Today has been a roller coaster. I went to bed last night, had a decent night of sleep, woke up and went to work. I didn't hate being there, but I felt in a fog. Everything felt very quiet and slow and it was kinda nice, but I had an impossible time with trying to stay awake. I spent most of my day falling asleep at my desk and walking around to try to stay up. I still got a fair amount of my work done, but I didn't feel good about my productivity. I couldn't even figure out what I was supposed to be doing most of the day because I just felt lost and confused.
At about noon, I left to pick up lunch. I could feel the Xanax wearing off. By 1:21pm exactly, it was like someone flipped a light switch and all of the calm and quiet shut off, and the static resumed. I had my pills with me and could've taken another half, but knowing the addictive nature of this drug, I'm trying to pace myself with it. It says to take twice a day as needed, and I didn't think I "NEEDED" it. I was probably wrong.
I text my friend to share with him how I was feeling about this shut off moment because I think it is interesting and trying to track my experience with it. But I also just want to share with someone what I'm going through. My mom isn't a great source - she often just leaves me on read when I express I'm experiencing pretty much anything. My only other friend is very consumed with a difficult break up right now, so I don't feel like he is someone I can bother with this information right now. But my friend I did reach out to, while he did respond, he didn't respond in a way that I was looking for. Not his fault. He also struggles with mental health and we both deal with these things in a dark humor sort of way. And he made a very light joke in response to my outreach, which under normal circumstances, I'd probably just laugh and it would be fine. But today it was not the vibe. So I just didn't text him back.
Later I told him that the humor right now isn't something I'm looking for because this is very difficult at the moment. I really just need some compassion or a verbal hug. So I told him I'm just going to be more selective with what I share so I don't hurt my own feelings by expecting to get a reaction that I don't receive. He isn't a mind reader, and it is not his responsibility to walk on egg shells while I'm volatile. I tried to communicate clearly that I'm not upset with him for his reaction, but I do need to filter my oversharing and maybe just keep some of this to myself. I feel like he is mad at me now for this because I haven't heard back from him...which is unfortunate because he is literally like my only reliable friend that I can trust. So on one hand I feel bad for the entire interaction, but I'm still trying to figure out how to navigate any of this right now.

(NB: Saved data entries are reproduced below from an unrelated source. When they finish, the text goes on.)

-- ===== src/Evaluation/Distance/Scripts.antt =====
-- `_levenshtein` and the edit scripts between two words.
use mathlib.Core.List.{reverse, reverse_aux, reverse-reverse}
use multie_layer_kache.Prelude.{
  ℕ, suc, ◌+◌, ◌≤◌, min, max, subst, List, [], ◌∷◌, arith, Key, ◌==◌, leb, length, length-reverse,
  inl, inr, Bool-cases, equal-true, equal_self,
}
use multie_layer_kache.Evaluation.Distance.{levenshtein}
use multie_layer_kache.Evaluation.Distance.Table.{edits, edits-empty, levenshtein-reverse}

-- `Script xs ys n`: `n` insertions, deletions and substitutions of single letters turn `xs` into `ys`.
pub data Script {A : Type 0} : List A → List A → ℕ → Type 0 where
  done : Script [] [] 0
  same : {xs ys : List A} {n : ℕ} (x : A) → Script xs ys n → Script (x ∷ xs) (x ∷ ys) n
  substitute :
      {xs ys : List A} {n : ℕ} (x y : A) → Script xs ys n → Script (x ∷ xs) (y ∷ ys) (suc n)
  delete : {xs ys : List A} {n : ℕ} (x : A) → Script xs ys n → Script (x ∷ xs) ys (suc n)
  insert : {xs ys : List A} {n : ℕ} (y : A) → Script xs ys n → Script xs (y ∷ ys) (suc n)

module _ {A : Type 0} where
  Script-reverse_aux :
      {xs ys zs ws : List A} {m n : ℕ}
      → Script xs ys m
      → Script zs ws n
      → Script (reverse_aux xs zs) (reverse_aux ys ws) (m + n)
  Script-reverse_aux done k = subst (Script _ _) (omega arith) k
  Script-reverse_aux (same x h) k = Script-reverse_aux h (same x k)
  Script-reverse_aux (substitute x y h) k =
      subst (Script _ _) (omega arith) (Script-reverse_aux h (substitute x y k))
  Script-reverse_aux (delete x h) k =
      subst (Script _ _) (omega arith) (Script-reverse_aux h (delete x k))
  Script-reverse_aux (insert y h) k =
      subst (Script _ _) (omega arith) (Script-reverse_aux h (insert y k))

  Script-insert_all : (ys : List A) → Script [] ys (length ys)
  Script-insert_all [] = done
  Script-insert_all (y ∷ ys) = insert y (Script-insert_all ys)

  Script-delete_all : (xs : List A) → Script xs [] (length xs)
  Script-delete_all [] = done
  Script-delete_all (x ∷ xs) = delete x (Script-delete_all xs)

module _ {A : Type 0} ⦃key : Key A⦄ where
  -- A letter more or less at the front of either word changes the distance by one at most.
  IsSteady : List A → List A → Type 0
  IsSteady xs ys =
      ((x : A) → (edits (x ∷ xs) ys ≤ edits xs ys + 1) × (edits xs ys ≤ edits (x ∷ xs) ys + 1))
      × ((y : A) → (edits xs (y ∷ ys) ≤ edits xs ys + 1) × (edits xs ys ≤ edits xs (y ∷ ys) + 1))

  edits-IsSteady : (xs ys : List A) → IsSteady xs ys
  unfolding IsSteady
  edits-IsSteady [] [] = (λ x. (omega arith, omega arith), λ y. (omega arith, omega arith))
  edits-IsSteady [] (y ∷ ys) =
      let left = (edits-IsSteady [] ys).0 in
      (λ x. (ground (arith, left x), ground (arith, left x)), λ z. (omega arith, omega arith))
  edits-IsSteady (x ∷ xs) [] =
      let right = (edits-IsSteady xs []).1 in
      let all = edits-empty xs in
      (
        λ z. (omega arith, omega arith),
        λ y. (ground (arith, right y, all), ground (arith, right y, all)),
      )
  edits-IsSteady (x ∷ xs) (y ∷ ys) =
      let (left, right) = edits-IsSteady (x ∷ xs) ys in
      let (left', right') = edits-IsSteady xs (y ∷ ys) in
      (
        λ z. (ground (arith, right y), ground (arith, right y, left z)),
        λ z. (ground (arith, left' x), ground (arith, left' x, right' z)),
      )

  -- No script is cheaper.
  edits-le-cost : {xs ys : List A} {n : ℕ} → Script xs ys n → edits xs ys ≤ n
  unfolding IsSteady
  edits-le-cost done = omega arith
  edits-le-cost (same x h) = ground (arith, equal_self x, edits-le-cost h)
  edits-le-cost (substitute x y h) = ground (arith, edits-le-cost h)
  edits-le-cost {ys = ys} (delete {xs = xs} x h) =
      omega (arith, edits-le-cost h, ((edits-IsSteady xs ys).0 x).0)
  edits-le-cost {xs = xs} (insert {ys = ys} y h) =
      omega (arith, edits-le-cost h, ((edits-IsSteady xs ys).1 y).0)

  cheaper : (xs ys : List A) (a b : ℕ) → Script xs ys a → Script xs ys b → Script xs ys (min a b)
  cheaper xs ys a b h k = elim (Bool-cases (leb a b)) [
    | inl p ↦ subst (Script xs ys) (ground (arith, p)) h
    | inr p ↦ subst (Script xs ys) (ground (arith, p)) k
  ]

  cheapest_of :
      (x y : A) (xs ys : List A) {a b c : ℕ}
      → Script xs ys a
      → Script xs (y ∷ ys) b
      → Script (x ∷ xs) ys c
      → Script (x ∷ xs) (y ∷ ys) (1 + min (min a b) c)
  cheapest_of x y xs ys {a = a} {b = b} {c = c} h k l =
      subst (Script (x ∷ xs) (y ∷ ys)) (omega arith) (
        cheaper (x ∷ xs) (y ∷ ys) (min (suc a) (suc b)) (suc c)
          (cheaper (x ∷ xs) (y ∷ ys) (suc a) (suc b) (substitute x y h) (delete x k)) (insert y l))

  edits-Script : (xs ys : List A) → Script xs ys (edits xs ys)
  edits-Script [] ys = Script-insert_all ys
  edits-Script (x ∷ xs) [] = Script-delete_all (x ∷ xs)
  edits-Script (x ∷ xs) (y ∷ ys) =
      let both = edits-Script xs ys in
      let insertion = edits-Script (x ∷ xs) ys in
      let deletion = edits-Script xs (y ∷ ys) in
      elim (Bool-cases (x == y)) [
        | inl e ↦
            rw e
              (subst (λ z. Script (x ∷ xs) (z ∷ ys) (edits xs ys)) (equal-true x y e) (same x both))
        | inr e ↦ rw e (cheapest_of x y xs ys both deletion insertion)
      ]

  -- The number that `_levenshtein` ends with is the edit distance: no script of insertions, deletions
  -- and substitutions that turns `a` into `b` is cheaper, and one has exactly this cost.
  pub levenshtein_lem :
      (a b : List A) (n : ℕ) → Script a b n → (levenshtein a b ≤ n) × Script a b (levenshtein a b)
  levenshtein_lem a b n h = rw (levenshtein-reverse a b) (
    omega (arith, edits-le-cost (Script-reverse_aux h done)),
    subst (λ k. Script a b k) (omega arith)
        (subst (λ c. Script c b (edits (reverse a) (reverse b) + 0)) (reverse-reverse a)
          (subst (λ c. Script (reverse (reverse a)) c (edits (reverse a) (reverse b) + 0))
            (reverse-reverse b) (Script-reverse_aux (edits-Script (reverse a) (reverse b)) done))),
  )

  edits-le : (xs ys : List A) → edits xs ys ≤ max (length xs) (length ys)
  edits-le [] ys = omega arith
  edits-le (x ∷ xs) [] = omega arith
  edits-le (x ∷ xs) (y ∷ ys) = ground (arith, edits-le xs ys)

  -- The distance is at most the length of the longer word, by which the similarity divides.
  pub levenshtein-le : (a b : List A) → levenshtein a b ≤ max (length a) (length b)
  levenshtein-le a b = omega (
    arith,
    levenshtein-reverse a b,
    edits-le (reverse a) (reverse b),
    length-reverse a,
    length-reverse b,
  )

By the time I got home from work, I was so exhausted. I went to bed for a few hours and woke up to my boss at my freelance gig blowing up my phone. I missed a phone call from my friend in New York, and because of the time difference, I couldn't call her back. I really wanted to talk to her to see what her experience has been with these medications because she's been dealing with this longer than I have. I did text her so hopefully we can talk about it tomorrow. But back to my boss. I tried to calmly respond to all of his inquiries and communicate that I am not feeling well, and doing my best to keep up with everything. To be fair, he pays me $200 a week and I cannot keep being at their beckon call, for 20-30 hours a week. So I'm spent on being patient with him. And having the Xanax out of my system, the immediate rage ensued, but I did not express it to him. I can see why this drug is so addictive and how people can be so reliant on it because of the immediate shut off from it...which is very concerning to me. What happens after the two weeks of being on it? Am I just going to plummet?
I called my mom and kinda freaked out. I was hysterical. I told her how tired I am feeling and how hard it is to try to do my freelance work right now because I can't even do my proper job. She was nicer than normal and tried to be understanding - which is a lot for her. We went to McDonalds to get drinks and then I went back home to try to do my work. I was productive for about an hour and a half. I took both of my pills tonight, and we will see if tomorrow fares better. But if I start to fall off midday again, I plan to take at least a quarter pill to see if that helps me coast...assuming I don't just fall asleep.
I am still smoking today while I type this, but I did use the last of my coals. I'm going to stop tomorrow and not buy replacement coals so my bloodwork hopefully doesn't show a high tobacco use when I get around to taking those tests on Monday. Google seems to think it's out of the system after 1-3 days. We will see...
I am not a doctor. I cannot recommend (or the opposite of recommend) the taking of any medication. This is just my experience and a documentation of the encounters related. If you are having any dark or negative thoughts, please seek professional help and consult a physician.